** Opening Material for this exercise block **

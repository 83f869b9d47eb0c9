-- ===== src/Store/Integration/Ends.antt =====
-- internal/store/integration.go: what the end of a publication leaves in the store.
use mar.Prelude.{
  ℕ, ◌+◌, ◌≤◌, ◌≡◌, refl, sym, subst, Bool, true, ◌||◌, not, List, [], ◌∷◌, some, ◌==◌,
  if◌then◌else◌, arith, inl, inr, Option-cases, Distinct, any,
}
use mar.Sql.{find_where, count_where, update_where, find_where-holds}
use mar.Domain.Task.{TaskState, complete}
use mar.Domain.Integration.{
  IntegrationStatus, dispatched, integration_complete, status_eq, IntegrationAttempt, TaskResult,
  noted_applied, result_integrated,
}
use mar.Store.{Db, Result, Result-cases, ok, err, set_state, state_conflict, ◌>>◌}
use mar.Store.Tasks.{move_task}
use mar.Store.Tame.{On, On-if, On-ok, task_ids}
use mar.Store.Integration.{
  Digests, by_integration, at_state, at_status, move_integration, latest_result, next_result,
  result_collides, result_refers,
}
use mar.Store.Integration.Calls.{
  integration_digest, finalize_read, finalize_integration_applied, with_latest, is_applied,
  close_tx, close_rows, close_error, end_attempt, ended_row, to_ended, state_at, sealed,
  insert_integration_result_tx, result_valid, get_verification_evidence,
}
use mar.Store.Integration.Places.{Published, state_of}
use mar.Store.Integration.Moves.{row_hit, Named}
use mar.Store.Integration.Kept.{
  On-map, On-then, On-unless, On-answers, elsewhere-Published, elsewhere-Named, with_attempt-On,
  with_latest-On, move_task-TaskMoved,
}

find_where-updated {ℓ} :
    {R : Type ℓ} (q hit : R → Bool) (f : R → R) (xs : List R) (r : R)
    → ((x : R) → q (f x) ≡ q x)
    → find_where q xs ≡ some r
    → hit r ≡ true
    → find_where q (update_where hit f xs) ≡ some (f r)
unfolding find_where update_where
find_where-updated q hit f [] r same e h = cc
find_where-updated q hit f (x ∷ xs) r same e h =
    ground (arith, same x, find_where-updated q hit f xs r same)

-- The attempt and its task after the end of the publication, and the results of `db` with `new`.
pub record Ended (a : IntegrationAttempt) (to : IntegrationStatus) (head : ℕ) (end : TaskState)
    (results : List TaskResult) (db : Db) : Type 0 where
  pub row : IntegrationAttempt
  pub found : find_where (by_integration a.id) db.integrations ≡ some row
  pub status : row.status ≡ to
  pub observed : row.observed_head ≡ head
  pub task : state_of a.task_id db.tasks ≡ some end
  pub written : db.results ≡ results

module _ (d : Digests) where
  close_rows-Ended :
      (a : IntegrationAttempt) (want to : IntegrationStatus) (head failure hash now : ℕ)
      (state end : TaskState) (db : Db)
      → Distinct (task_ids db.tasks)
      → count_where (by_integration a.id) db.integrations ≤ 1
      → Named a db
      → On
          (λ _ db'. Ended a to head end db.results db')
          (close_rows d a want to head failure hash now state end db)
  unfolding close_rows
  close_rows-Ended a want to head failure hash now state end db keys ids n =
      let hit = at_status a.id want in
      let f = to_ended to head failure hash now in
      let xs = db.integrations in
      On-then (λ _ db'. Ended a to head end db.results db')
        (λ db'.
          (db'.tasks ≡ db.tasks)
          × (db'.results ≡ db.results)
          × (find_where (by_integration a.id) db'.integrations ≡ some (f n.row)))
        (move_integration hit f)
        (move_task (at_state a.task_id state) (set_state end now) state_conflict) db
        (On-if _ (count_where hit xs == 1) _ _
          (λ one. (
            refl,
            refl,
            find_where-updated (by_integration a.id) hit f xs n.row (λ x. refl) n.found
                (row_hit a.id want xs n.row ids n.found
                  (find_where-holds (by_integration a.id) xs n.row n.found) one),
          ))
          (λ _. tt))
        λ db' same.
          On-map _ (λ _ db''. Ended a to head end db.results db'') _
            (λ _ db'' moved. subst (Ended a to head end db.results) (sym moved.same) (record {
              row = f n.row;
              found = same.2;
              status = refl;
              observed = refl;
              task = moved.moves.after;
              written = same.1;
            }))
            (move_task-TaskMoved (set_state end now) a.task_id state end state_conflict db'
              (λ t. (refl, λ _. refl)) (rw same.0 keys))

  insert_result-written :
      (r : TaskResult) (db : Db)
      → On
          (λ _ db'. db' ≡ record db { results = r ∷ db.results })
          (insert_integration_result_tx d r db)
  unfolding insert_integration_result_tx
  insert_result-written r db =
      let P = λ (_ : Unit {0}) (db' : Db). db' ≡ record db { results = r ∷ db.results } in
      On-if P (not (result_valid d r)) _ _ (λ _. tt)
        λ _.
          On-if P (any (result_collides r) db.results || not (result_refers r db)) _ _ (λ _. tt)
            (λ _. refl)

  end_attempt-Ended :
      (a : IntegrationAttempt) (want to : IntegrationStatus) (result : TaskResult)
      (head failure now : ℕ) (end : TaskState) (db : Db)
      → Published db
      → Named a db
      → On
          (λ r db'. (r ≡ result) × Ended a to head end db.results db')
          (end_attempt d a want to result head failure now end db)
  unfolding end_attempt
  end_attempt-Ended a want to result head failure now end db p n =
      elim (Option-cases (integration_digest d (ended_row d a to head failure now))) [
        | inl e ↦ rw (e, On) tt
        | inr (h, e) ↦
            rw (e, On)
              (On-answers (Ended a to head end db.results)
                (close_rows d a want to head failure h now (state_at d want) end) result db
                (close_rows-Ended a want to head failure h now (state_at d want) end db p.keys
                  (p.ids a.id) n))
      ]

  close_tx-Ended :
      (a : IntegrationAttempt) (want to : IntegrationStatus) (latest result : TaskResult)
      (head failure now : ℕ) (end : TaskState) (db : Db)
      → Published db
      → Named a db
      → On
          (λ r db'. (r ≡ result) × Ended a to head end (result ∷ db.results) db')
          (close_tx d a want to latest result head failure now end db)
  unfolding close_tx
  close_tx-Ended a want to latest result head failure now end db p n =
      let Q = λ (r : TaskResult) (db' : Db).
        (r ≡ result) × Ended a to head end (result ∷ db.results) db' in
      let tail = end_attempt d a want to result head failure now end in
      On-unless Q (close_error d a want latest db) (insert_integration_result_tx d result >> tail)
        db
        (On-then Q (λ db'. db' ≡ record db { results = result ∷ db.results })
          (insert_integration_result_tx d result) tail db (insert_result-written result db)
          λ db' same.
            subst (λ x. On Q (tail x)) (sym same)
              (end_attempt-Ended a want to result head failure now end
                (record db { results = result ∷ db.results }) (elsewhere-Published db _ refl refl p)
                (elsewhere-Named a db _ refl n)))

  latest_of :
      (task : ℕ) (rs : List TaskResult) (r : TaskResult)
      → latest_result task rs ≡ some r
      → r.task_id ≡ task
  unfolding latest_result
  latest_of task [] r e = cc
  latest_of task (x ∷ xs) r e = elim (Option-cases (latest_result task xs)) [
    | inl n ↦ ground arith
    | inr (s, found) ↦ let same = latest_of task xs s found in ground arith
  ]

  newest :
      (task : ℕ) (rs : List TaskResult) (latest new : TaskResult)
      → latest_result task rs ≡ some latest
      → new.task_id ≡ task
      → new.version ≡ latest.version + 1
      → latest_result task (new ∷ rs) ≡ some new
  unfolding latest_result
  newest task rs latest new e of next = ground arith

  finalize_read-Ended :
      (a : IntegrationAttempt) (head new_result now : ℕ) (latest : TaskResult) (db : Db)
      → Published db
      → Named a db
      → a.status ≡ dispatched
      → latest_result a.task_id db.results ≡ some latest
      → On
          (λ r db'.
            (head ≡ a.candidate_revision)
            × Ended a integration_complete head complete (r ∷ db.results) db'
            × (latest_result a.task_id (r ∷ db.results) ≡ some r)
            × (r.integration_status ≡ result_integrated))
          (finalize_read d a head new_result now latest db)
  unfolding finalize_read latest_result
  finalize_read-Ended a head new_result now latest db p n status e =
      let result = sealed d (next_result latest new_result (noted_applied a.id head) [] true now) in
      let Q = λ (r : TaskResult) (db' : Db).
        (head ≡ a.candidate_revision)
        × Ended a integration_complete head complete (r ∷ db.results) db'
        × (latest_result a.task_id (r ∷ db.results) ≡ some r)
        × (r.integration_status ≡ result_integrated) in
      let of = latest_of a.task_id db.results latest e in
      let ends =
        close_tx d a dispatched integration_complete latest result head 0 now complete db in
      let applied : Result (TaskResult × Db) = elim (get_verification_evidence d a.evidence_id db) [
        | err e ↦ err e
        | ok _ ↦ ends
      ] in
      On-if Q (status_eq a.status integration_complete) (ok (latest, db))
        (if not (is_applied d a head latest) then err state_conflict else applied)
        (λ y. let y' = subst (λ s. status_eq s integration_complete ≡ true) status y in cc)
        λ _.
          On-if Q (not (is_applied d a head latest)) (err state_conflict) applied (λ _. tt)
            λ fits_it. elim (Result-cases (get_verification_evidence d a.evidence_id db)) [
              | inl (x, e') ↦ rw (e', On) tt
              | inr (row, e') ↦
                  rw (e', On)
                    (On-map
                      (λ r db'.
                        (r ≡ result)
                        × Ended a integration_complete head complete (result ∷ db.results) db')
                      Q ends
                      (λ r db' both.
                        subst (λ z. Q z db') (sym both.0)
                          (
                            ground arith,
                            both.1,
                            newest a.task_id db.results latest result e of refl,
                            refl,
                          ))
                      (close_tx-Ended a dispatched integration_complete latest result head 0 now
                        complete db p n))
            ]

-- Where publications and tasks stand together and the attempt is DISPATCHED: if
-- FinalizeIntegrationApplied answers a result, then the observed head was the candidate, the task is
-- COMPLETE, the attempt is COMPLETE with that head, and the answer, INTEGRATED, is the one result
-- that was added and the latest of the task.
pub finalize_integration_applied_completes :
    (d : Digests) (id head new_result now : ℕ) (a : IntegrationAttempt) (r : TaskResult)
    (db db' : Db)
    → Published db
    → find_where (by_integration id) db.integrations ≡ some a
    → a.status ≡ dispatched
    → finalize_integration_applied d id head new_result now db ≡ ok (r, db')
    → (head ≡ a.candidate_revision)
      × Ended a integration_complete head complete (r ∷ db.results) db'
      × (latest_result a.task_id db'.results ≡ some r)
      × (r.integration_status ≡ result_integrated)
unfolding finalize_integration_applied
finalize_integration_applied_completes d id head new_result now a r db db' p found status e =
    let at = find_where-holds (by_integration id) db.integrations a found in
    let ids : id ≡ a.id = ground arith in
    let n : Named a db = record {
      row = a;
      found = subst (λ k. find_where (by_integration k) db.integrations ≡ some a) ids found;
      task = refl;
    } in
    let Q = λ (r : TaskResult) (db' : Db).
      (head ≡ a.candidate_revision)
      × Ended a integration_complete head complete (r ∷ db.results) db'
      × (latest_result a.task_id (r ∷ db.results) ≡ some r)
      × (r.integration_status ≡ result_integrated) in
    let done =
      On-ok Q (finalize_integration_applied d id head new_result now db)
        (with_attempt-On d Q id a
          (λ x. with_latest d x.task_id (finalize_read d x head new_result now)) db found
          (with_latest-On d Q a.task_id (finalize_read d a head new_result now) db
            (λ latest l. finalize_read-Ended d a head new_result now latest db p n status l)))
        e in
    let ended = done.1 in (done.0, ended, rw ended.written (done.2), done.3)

** Closing Material for this exercise block **

### What you should do
In the listing above, start at the line with "(d : Digests) (id", go on through the line with "let at = find_where-holds", and copy each of those lines exactly; leave out all the rest.

### Result of this task
    (d : Digests) (id head new_result now : ℕ) (a : IntegrationAttempt) (r : TaskResult)
    (db db' : Db)
    → Published db
    → find_where (by_integration id) db.integrations ≡ some a
    → a.status ≡ dispatched
    → finalize_integration_applied d id head new_result now db ≡ ok (r, db')
    → (head ≡ a.candidate_revision)
      × Ended a integration_complete head complete (r ∷ db.results) db'
      × (latest_result a.task_id db'.results ≡ some r)
      × (r.integration_status ≡ result_integrated)
unfolding finalize_integration_applied
finalize_integration_applied_completes d id head new_result now a r db db' p found status e =
    let at = find_where-holds (by_integration id) db.integrations a found in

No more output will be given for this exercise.